Box plots (sometimes called box and whisker plots) allow us to compare visually different sets of data. They involve taking all of the data and stripping it to the bones to leave just 5 important values:

- smallest value
- lower quartile
- median
- upper quartile
- greatest value

All of the actual numbers are lost, but what we gain is a sharper diagram that focusses on some important statistics.
The important bits are the central values and these get a "box" bit of the plot - the more extreme values are represented
by lines, or *whiskers*. For the data in the stem and leaf section we have:

- smallest value = 20
- lower quartile = 29*
- median = 39
- upper quartile = 44*
- greatest value = 53

* see quartiles for explanation

Looking at the plot we see four sections (two whiskers and a central box divided into two). Each section should contain the same amount of data. In our example there are 17 numbers, so each section of the box plot has about 4 items of data. Notice that the third section (the second bit of the box) is smaller than the others - yet it still contains about a quarter of the data. This means that the data are more closely packed. This diagram shows stars where the actual data are.

## Measures of Location

A statistician tries to represent huge amounts of data with just a few important numbers, or *statistics*. This
will enable her to compare sets of data using mathematical techniques. One really important statistic is a
number that represents a typical value in our data. This number is called the *average* and can be found in a variety
of ways. We will concern ourselves with three of the most popular ways to represent a typical value: mean, mode and median.

### The Mean

### The Median

The *median* is the central value. If there are an even number of observations, then the median is half-way
between the two central values (the *mean* of them).

The median is quite easy to find for *discrete* data, but can get a bit tricky if the data is grouped (or continuous)

The *position* of the median is easily found from the number of observations in your sample. In general, if there
are *n* observations arranged in increasing value, the median is in position ½(*n*+1). If this is not a whole
number then the median is half-way between the two values on either side.

In this new version of our stem and leaf diagram, I have added a number on the end to represent how many values are in each row. The red 17 is the total number of observations.

This helps us to find the median more quickly, especially when there are a lot of values.

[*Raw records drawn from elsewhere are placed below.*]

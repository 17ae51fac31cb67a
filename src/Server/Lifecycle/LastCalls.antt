-- ===== src/Server/Lifecycle/LastCalls.antt =====
-- The calls with which a server ends (src/server.cpp): those of the first `shutdown`.
use mathlib.Core.List.{append-nil, append_assoc}
use priority_http_server.Prelude.{
  ℕ, zero, suc, ◌≡◌, refl, sym, ap, ◌∙◌, Bool, true, false, List, [], ◌∷◌, ◌++◌, map,
}
use priority_http_server.Prelude.Text.{codes}
use priority_http_server.Config.{Config}
use priority_http_server.Logger.{info}
use priority_http_server.Prelude.Int.{ℤ}
use priority_http_server.Server.{
  ServerEffect, closes_session, joins_io_threads, shuts_pool_down, shuts_logger_down, HttpServer,
  http_server, shutdown, do_accept,
}
use priority_http_server.Server
use priority_http_server.Server.Lifecycle.{
  LifeEffect, Life, setup_start, setup_rest, run_after, destroy_after, start_acceptor_loop,
  io_thread_count, runs_io, start_io_threads, sets_log_level, call_all, IoEvent, live, run, serve,
}
use priority_http_server.StaticFiles.{FileSystem}
use priority_http_server.Server.Lifecycle.Beginning.{SetupDone, fails, done, setup-SetupDone}
use priority_http_server.Server.Lifecycle.Ending.{
  call_all-append, serve-Quiet, shutdown-milestones, shutdown_again,
}

-- The level stays as it is.
abbrev pub KeepsLevel : List LifeEffect → Type 0
KeepsLevel [] = Unit
KeepsLevel (sets_log_level level ∷ es) = ⊥
KeepsLevel (_ ∷ es) = KeepsLevel es

KeepsLevel-append :
    (es fs : List LifeEffect) → KeepsLevel es → KeepsLevel fs → KeepsLevel (es ++ fs)
KeepsLevel-append [] fs h k = k
KeepsLevel-append (sets_log_level level ∷ es) fs h k = absurd h
KeepsLevel-append (_ ∷ es) fs h k = KeepsLevel-append es fs h k

KeepsLevel-call_all : (es : List ServerEffect) → KeepsLevel (call_all es)
KeepsLevel-call_all [] = tt
KeepsLevel-call_all (e ∷ es) = KeepsLevel-call_all es

KeepsLevel-start_io_threads : (n : ℕ) → KeepsLevel (start_io_threads n)
unfolding start_io_threads
KeepsLevel-start_io_threads zero = tt
KeepsLevel-start_io_threads (suc n) = KeepsLevel-start_io_threads n

-- The last two calls of a server are those of the first `shutdown`.
abbrev pub last_calls : List ServerEffect
last_calls = Server.logs info (codes "Server stopped.") ∷ shuts_logger_down ∷ []

abbrev pub EndsSo : List ServerEffect → Type 0
EndsSo es = (before : List ServerEffect) × (es ≡ before ++ last_calls)

append-EndsSo : (es fs : List ServerEffect) → EndsSo fs → EndsSo (es ++ fs)
append-EndsSo es fs (before, e) =
    (es ++ before, ap (λ t. es ++ t) e ∙ sym (append_assoc es before _))

cons-EndsSo : (e : ServerEffect) (fs : List ServerEffect) → EndsSo fs → EndsSo (e ∷ fs)
cons-EndsSo e fs (before, same) = (e ∷ before, ap (λ t. e ∷ t) same)

shutdown-EndsSo :
    (t : ℤ) (abandoned : ℕ) (s : HttpServer)
    → s.shutdown_done ≡ false
    → EndsSo (shutdown t abandoned s).1
unfolding shutdown
shutdown-EndsSo t abandoned s e = rw e (
    append-EndsSo (map closes_session s.sessions) _ (
      cons-EndsSo _ _
        (cons-EndsSo _ _ (cons-EndsSo _ _ (append-EndsSo _ _ (cons-EndsSo _ _ ([], refl)))))))

-- Calls that keep the level, and then the last two.
pub record EndsLife (es : List LifeEffect) : Type 0 where
  pub before : List LifeEffect
  pub keeps : KeepsLevel before
  pub same : es ≡ before ++ call_all last_calls

call_all-EndsLife : (es : List ServerEffect) → EndsSo es → EndsLife (call_all es)
call_all-EndsLife es (before, e) = record {
  before = call_all before;
  keeps = KeepsLevel-call_all before;
  same = ap call_all e ∙ call_all-append before last_calls;
}

append-EndsLife : (es fs : List LifeEffect) → KeepsLevel es → EndsLife fs → EndsLife (es ++ fs)
append-EndsLife es fs k r = record {
  before = es ++ r.before;
  keeps = KeepsLevel-append es r.before k r.keeps;
  same = ap (λ t. es ++ t) r.same ∙ sym (append_assoc es r.before _);
}

KeepsLevel-accepting : (c : Config) (s : HttpServer) → KeepsLevel (start_acceptor_loop c s)
unfolding start_acceptor_loop
KeepsLevel-accepting c s =
    KeepsLevel-append (call_all (do_accept c.max_connections s)) _
      (KeepsLevel-call_all (do_accept c.max_connections s))
      (KeepsLevel-start_io_threads (io_thread_count c))

-- The calls of a server after the two that set the level.
abbrev pub LastsSo : Config → Life → Type 0
LastsSo c life =
    (es : List LifeEffect) × EndsLife es
    × (life.effects ≡ sets_log_level c.log_level ∷ sets_log_level c.log_level ∷ es)

unserved_calls :
    (abandoned : ℕ) (c : Config) (before : List LifeEffect)
    → KeepsLevel before
    → LastsSo c (
        destroy_after abandoned c (record { server = http_server; effects = before; threw = true }))
unfolding destroy_after http_server
unserved_calls abandoned c before k =
    let ending = (shutdown c.drain_timeout_sec abandoned http_server).1 in
    (
      before ++ call_all ending,
      append-EndsLife before _ k (
          call_all-EndsLife ending
            (shutdown-EndsSo c.drain_timeout_sec abandoned http_server refl)),
      refl,
    )

live_after_calls :
    (files : FileSystem) (listening : Bool) (events : List IoEvent) (abandoned : ℕ) (c : Config)
    (r : List LifeEffect × Bool)
    → SetupDone files c r
    → LastsSo c (destroy_after abandoned c (run_after r listening events abandoned c http_server))
unfolding destroy_after run_after http_server setup_start setup_rest
live_after_calls files listening events abandoned c _ (fails e) =
    unserved_calls abandoned c (setup_start c) tt
live_after_calls files false events abandoned c _ (done root handler e) =
    unserved_calls abandoned c (setup_start c ++ setup_rest handler) tt
live_after_calls files true events abandoned c _ (done root handler e) =
    let before = setup_start c ++ setup_rest handler in
    let (served, io) = serve c events http_server in
    let quiet = serve-Quiet c events http_server in
    let first = shutdown-milestones c.drain_timeout_sec abandoned served quiet.not_down in
    let (stopped, ending) = shutdown c.drain_timeout_sec abandoned served in
    let again = shutdown_again c.drain_timeout_sec abandoned stopped first.1 in
    (
      before ++ (start_acceptor_loop c http_server ++ (runs_io ∷ (call_all io ++ call_all ending))),
      append-EndsLife before _ tt (
          append-EndsLife (start_acceptor_loop c http_server) _ (KeepsLevel-accepting c http_server)
            (append-EndsLife (runs_io ∷ []) _ tt (
              append-EndsLife (call_all io) _ (KeepsLevel-call_all io) (
                call_all-EndsLife ending
                  (shutdown-EndsSo c.drain_timeout_sec abandoned served quiet.not_down))))),
      rw (again, append-nil) refl,
    )

-- All calls of a server.
pub live_calls :
    (files : FileSystem) (listening : Bool) (events : List IoEvent) (abandoned : ℕ) (c : Config)
    → LastsSo c (live files listening events abandoned c)
unfolding live run
live_calls files listening events abandoned c =
    live_after_calls files listening events abandoned c _ (setup-SetupDone files c)
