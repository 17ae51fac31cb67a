-- ===== src/Server/Lifecycle/Logging.antt =====
-- What the log of a server holds when it has ended (src/server.cpp, src/logger.cpp).
use priority_http_server.Prelude.{
  ℕ, suc, ◌≤◌, ◌<◌, ◌≡◌, refl, ap, ◌∙◌, Bool, List, [], ◌∷◌, ◌++◌, map, some, inl, inr, arith,
  Bool-cases, ltb, length,
}
use priority_http_server.Prelude.Text.{Text, codes}
use priority_http_server.Config.{Config}
use priority_http_server.Logger.{
  LogLevel, level_value, info, LogMessage, LogSink, format_log_message, AsyncLogger, async_logger,
}
use priority_http_server.Logger
use priority_http_server.Logger.Delivery.{
  Event, logs, sets_level, consumes, accepted, shutdown_delivers,
}
use priority_http_server.Logger.Delivery
use priority_http_server.Server.{
  ServerEffect, closes_session, joins_io_threads, shuts_pool_down, shuts_logger_down, HttpServer,
  http_server, shutdown, do_accept,
}
use priority_http_server.Server
use priority_http_server.Server.Lifecycle.{LifeEffect, sets_log_level, calls, IoEvent, live}
use priority_http_server.StaticFiles.{FileSystem}
use priority_http_server.Server.Lifecycle.LastCalls.{KeepsLevel, live_calls}

-- The calls of the logger among all calls; `clock` gives the time of each.
abbrev pub log_events : (ℕ → ℕ) → ℕ → List LifeEffect → List Event
log_events clock i [] = []
log_events clock i (sets_log_level level ∷ es) = sets_level level ∷ log_events clock i es
log_events clock i (calls (Server.logs level message) ∷ es) =
    logs message level (clock i) ∷ log_events clock (suc i) es
log_events clock i (_ ∷ es) = log_events clock i es

-- `es` with rounds of the consumer anywhere in between.
pub data Mixed : List Event → List Event → Type 0 where
  ended : Mixed [] []
  call : (e : Event) {es fs : List Event} → Mixed es fs → Mixed (e ∷ es) (e ∷ fs)
  round : {es fs : List Event} → Mixed es fs → Mixed es (consumes ∷ fs)

pub unmixed : (es : List Event) → Mixed es es
unmixed [] = ended
unmixed (e ∷ es) = call e (unmixed es)

accepted-Mixed :
    (level : LogLevel) {es fs : List Event} → Mixed es fs → accepted level fs ≡ accepted level es
accepted-Mixed level ended = refl
accepted-Mixed level (call (logs m l t) r) = ground (arith, accepted-Mixed level r)
accepted-Mixed level (call (sets_level l) r) = accepted-Mixed l r
accepted-Mixed level (call consumes r) = accepted-Mixed level r
accepted-Mixed level (round r) = accepted-Mixed level r

abbrev pub message_at : ℕ → LogMessage
message_at now = record { message = codes "Server stopped."; timestamp = now; level = info }

-- After all other calls, the last message is accepted.
last_accepted :
    (clock : ℕ → ℕ) (i : ℕ) (level : LogLevel) (es : List LifeEffect)
    → KeepsLevel es
    → level_value level ≤ 1
    → (ms : List LogMessage) × (now : ℕ) × (accepted level (
          log_events clock i (
            es
            ++ calls (Server.logs info (codes "Server stopped.")) ∷ calls shuts_logger_down ∷ []))
        ≡ ms ++ message_at now ∷ [])
last_accepted clock i level [] k low = ([], clock i, ground (arith, low))
last_accepted clock i level (calls (Server.logs l m) ∷ es) k low =
    let (ms, now, e) = last_accepted clock (suc i) level es k low in
    elim (Bool-cases (ltb (level_value l) (level_value level))) [
      | inl quiet ↦ (ms, now, rw quiet e)
      | inr loud ↦ (
        record { message = m; timestamp = clock i; level = l } ∷ ms,
        now,
        rw loud (ap (λ t. record { message = m; timestamp = clock i; level = l } ∷ t) e),
      )
    ]
last_accepted clock i level (sets_log_level l ∷ es) k low = absurd k
last_accepted clock i level (_ ∷ es) k low = last_accepted clock i level es k low

module _ (format_time_point : ℕ → Text) (write : LogMessage → LogSink → LogSink)
    (appends : (m : LogMessage) (s : LogSink)
      → write m s ≡ s ++ format_log_message format_time_point m ∷ []) where
  abbrev pub served_log : List Event → LogSink → AsyncLogger
  served_log events sink =
      Delivery.run format_time_point write appends events (Logger.start (async_logger sink))

  -- With a level of INFO or DEBUG the log of a server is complete and ends with the line "Server
  -- stopped.": its logger, run on the server's own calls in the whole of its life with rounds of
  -- the consumer anywhere in between, ends with every message written that the calls log at an accepted
  -- level, once and in their order, behind what the sink held, and the last of these is that line;
  -- whatever the handlers did, and also if `run` throws in `setup` or cannot listen. The sink appends
  -- a line for each message.
  pub live_log :
      (files : FileSystem) (listening : Bool) (events : List IoEvent) (abandoned : ℕ) (c : Config)
      (clock : ℕ → ℕ) (mixed : List Event) (sink : LogSink) (fuel : ℕ)
      → level_value c.log_level ≤ level_value info
      → let calls = log_events clock 0 (live files listening events abandoned c).effects in
        Mixed calls mixed
        → length (served_log mixed sink).queue.queue < fuel
        → (l : AsyncLogger) × (Logger.shutdown write fuel (served_log mixed sink) ≡ some l)
          × (l.sink ≡ sink ++ map (format_log_message format_time_point) (accepted info calls))
          × (ms : List LogMessage) × (now : ℕ) × (accepted info calls ≡ ms ++ message_at now ∷ [])
  live_log files listening events abandoned c clock mixed sink fuel low m enough =
      let (es, r, e) = live_calls files listening events abandoned c in
      let (ms, now, last) = last_accepted clock 0 c.log_level r.before r.keeps low in
      let (l, ends, written, empty, stopped, again) =
        shutdown_delivers format_time_point write appends mixed sink fuel enough in
      (
        l,
        ends,
        written
            ∙ ap (λ t. sink ++ map (format_log_message format_time_point) t)
                (accepted-Mixed info m),
        ms,
        now,
        ap (λ t. accepted info (log_events clock 0 t)) e
            ∙ ap (λ t. accepted c.log_level (log_events clock 0 t)) r.same
            ∙ last,
      )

The median is in position 9. I could count until I got to the ninth number, but if the median was in position 259 I'd like a faster method than just counting.

This next version has a *cumulative* count of the data and will prove very useful for large data sets.

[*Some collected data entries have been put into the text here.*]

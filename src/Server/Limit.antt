-- ===== src/Server/Limit.antt =====
-- The limit on the connections: the loop of the acceptor among sessions that end and the drain.
pub mod Threads
use priority_http_server.Prelude.{
  ℕ, zero, suc, ◌+◌, ◌≤◌, ◌<◌, ◌≡◌, ◌≢◌, sym, ◌∙◌, false, List, [], ◌∷◌, ◌++◌, arith,
}
use priority_http_server.Prelude.Int.{ℤ, size_mod}
use priority_http_server.Server.{
  HttpServer, ServerEffect, starts_session, operation_aborted, accept_error, accepts,
  accepts_to_reject, AcceptResult, accepted, http_server, end_session, remove_session,
  check_drain_complete, insert_session, do_accept, on_accept, on_reject, begin_drain,
}

-- What the acceptor waits for.
pub data Waits : Type 0 where
  nothing a_session a_rejection : Waits

pub record Acceptor : Type 0 where
  pub server : HttpServer
  pub waits : Waits

unfoldable pub armed : List ServerEffect → Waits
armed [] = nothing
armed (accepts ∷ effects) = a_session
armed (accepts_to_reject ∷ effects) = a_rejection
armed (_ ∷ effects) = armed effects

-- `startAcceptorLoop` calls `doAccept` once.
unfoldable pub first_accept : ℕ → Acceptor
unfolding armed
first_accept max = record { server = http_server; waits = armed (do_accept max http_server) }

abbrev pub after : HttpServer × List ServerEffect → Acceptor
after (s, effects) = record { server = s; waits = armed effects }

pub data Move (max : ℕ) (a : Acceptor) : Acceptor → Type 0 where
  admits :
      (id : ℕ) (r : AcceptResult)
      → a.waits ≡ a_session
      → Move max a (after (on_accept max id r a.server))
  rejects :
      (r : AcceptResult) → a.waits ≡ a_rejection → Move max a (after (on_reject max r a.server))
  ends :
      (id : ℕ)
      → a.server.active_sessions ≢ 0
      → Move max a (record a { server = (end_session id a.server).0 })
  drains :
      (drain_timeout : ℤ) (signal : ℕ)
      → Move max a (record a { server = (begin_drain drain_timeout signal a.server).0 })

pub data Runs (max : ℕ) : Acceptor → Type 0 where
  begins : Runs max (first_accept max)
  moves : {a b : Acceptor} → Runs max a → Move max a b → Runs max b

-- An accept under the limit was armed with at most one session not yet counted.
record Within (max : ℕ) (a : Acceptor) : Type 0 where
  bound : a.server.active_sessions ≤ max + 1
  armed_below : a.waits ≡ a_session → a.server.active_sessions ≤ max

first_accept-Within : (max : ℕ) → Within max (first_accept max)
unfolding first_accept armed do_accept http_server
first_accept-Within max = record { bound = omega arith; armed_below = λ e. omega arith }

-- An accept under the limit is armed only below it, as the count stood before.
pub armed_below_limit :
    (max : ℕ) (s : HttpServer) → armed (do_accept max s) ≡ a_session → s.active_sessions < max
unfolding armed do_accept
armed_below_limit max s e = ground (arith, e)

armed_before :
    (max id : ℕ) (s : HttpServer)
    → armed (do_accept max s ++ starts_session id ∷ []) ≡ armed (do_accept max s)
unfolding armed do_accept
armed_before max id s = ground arith

pub insert_session-count :
    (id : ℕ) (s : HttpServer)
    → s.active_sessions + 1 < size_mod
    → (insert_session id s).active_sessions ≡ s.active_sessions + 1
unfolding insert_session
insert_session-count id s h = ground arith

pub end_session-count :
    (id : ℕ) (s : HttpServer)
    → s.active_sessions ≢ 0
    → s.active_sessions < size_mod
    → (end_session id s).0.active_sessions + 1 ≡ s.active_sessions
unfolding end_session remove_session check_drain_complete
end_session-count id s h small = ground arith

admits-Within :
    (max id : ℕ) (r : AcceptResult) (a : Acceptor)
    → max + 1 < size_mod
    → a.server.active_sessions ≤ max
    → Within max (after (on_accept max id r a.server))
unfolding on_accept armed
admits-Within max id accepted a m h =
    let count = insert_session-count id a.server (omega arith) in
    record {
      bound = omega (arith, count);
      armed_below = λ e.
          omega
            (arith, count, armed_below_limit max a.server (sym (armed_before max id a.server) ∙ e));
    }
admits-Within max id operation_aborted a m h = record {
  bound = omega arith;
  armed_below = λ e. absurd (cc);
}
admits-Within max id (accept_error message) a m h = record {
  bound = omega arith;
  armed_below = λ e. omega (arith, h);
}

rejects-Within :
    (max : ℕ) (r : AcceptResult) (a : Acceptor)
    → Within max a
    → Within max (after (on_reject max r a.server))
unfolding on_reject armed
rejects-Within max accepted a w = record {
  bound = w.bound;
  armed_below = λ e. omega (arith, armed_below_limit max a.server e);
}
rejects-Within max operation_aborted a w = record {
  bound = w.bound;
  armed_below = λ e. omega (arith, armed_below_limit max a.server e);
}
rejects-Within max (accept_error message) a w = record {
  bound = w.bound;
  armed_below = λ e. omega (arith, armed_below_limit max a.server e);
}

Move-Within :
    (max : ℕ) {a b : Acceptor} → max + 1 < size_mod → Within max a → Move max a b → Within max b
unfolding begin_drain
Move-Within max {a = a} m w (admits id r e) = admits-Within max id r a m (w.armed_below e)
Move-Within max {a = a} m w (rejects r e) = rejects-Within max r a w
Move-Within max {a = a} m w (ends id e) =
    let count = end_session-count id a.server e (omega (arith, w.bound)) in
    record {
      bound = omega (arith, count, w.bound);
      armed_below = λ q. omega (arith, count, w.armed_below q);
    }
Move-Within max m w (drains drain_timeout signal) = record {
  bound = w.bound;
  armed_below = w.armed_below;
}

Runs-Within : (max : ℕ) (a : Acceptor) → max + 1 < size_mod → Runs max a → Within max a
Runs-Within max a m begins = first_accept-Within max
Runs-Within max b m (moves {a = a} r s) = Move-Within max m (Runs-Within max a m r) s

-- The server never has more than one session above `max_connections`, whatever the clients do,
-- with the handlers of accepts run one at a time and a limit of less than 2^64 - 1.
pub connections_bounded :
    (max : ℕ) (a : Acceptor) → max + 1 < size_mod → Runs max a → a.server.active_sessions ≤ max + 1
connections_bounded max a m r = (Runs-Within max a m r).bound

-- The first `k` connections are admitted, and the acceptor waits for one more.
admitted :
    (max k : ℕ)
    → max + 1 < size_mod
    → 0 < max
    → k ≤ max
    → (a : Acceptor) × Runs max a
      × (a.waits ≡ a_session)
      × (a.server.active_sessions ≡ k)
      × (a.server.draining ≡ false)
      × (a.server.stopped ≡ false)
unfolding first_accept armed do_accept http_server on_accept insert_session
admitted max zero m pos h =
    (first_accept max, begins, ground arith, ground arith, ground arith, ground arith)
admitted max (suc k) m pos h =
    let (a, r, e, count, open_still, stopped) = admitted max k m pos (omega arith) in
    (
      after (on_accept max k accepted a.server),
      moves r (admits k accepted e),
      ground (arith, count, open_still, stopped),
      ground (arith, count),
      open_still,
      stopped,
    )

-- The limit can be exceeded: for every positive `max_connections` below 2^64 - 1 there is a run in
-- which one more session than that is active.
pub limit_exceeded :
    (max : ℕ)
    → max + 1 < size_mod
    → 0 < max
    → (a : Acceptor) × Runs max a × (a.server.active_sessions ≡ max + 1)
unfolding on_accept
limit_exceeded max m pos =
    let (a, r, e, count, open_still, stopped) = admitted max max m pos (omega arith) in
    (
      after (on_accept max max accepted a.server),
      moves r (admits max accepted e),
      omega (arith, count, insert_session-count max a.server (omega (arith, count))),
    )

We can now tell that numbers in positions 1 to 5 are in the first row (I *know* that you can see this easily
but just pretend that the amount of numbers is too large to count easily). Numbers in positions 6 to 9 are in row 2. Positions 10
to 14 are row 3 and 15-17 make row 4.

We said earlier that the median was in position 9, so is in row 2. It's the last value in this row - 9.

### The Mode

This is just the most frequent observation. If the data is put into groups (such as continuous data is) then we cannot
find the mode as we have lost information about the exact values. In this case we find the most frequent *group* and call
it the *modal* group.

The mode is really easy to find and might have occasional uses, but it doesn't lead to much.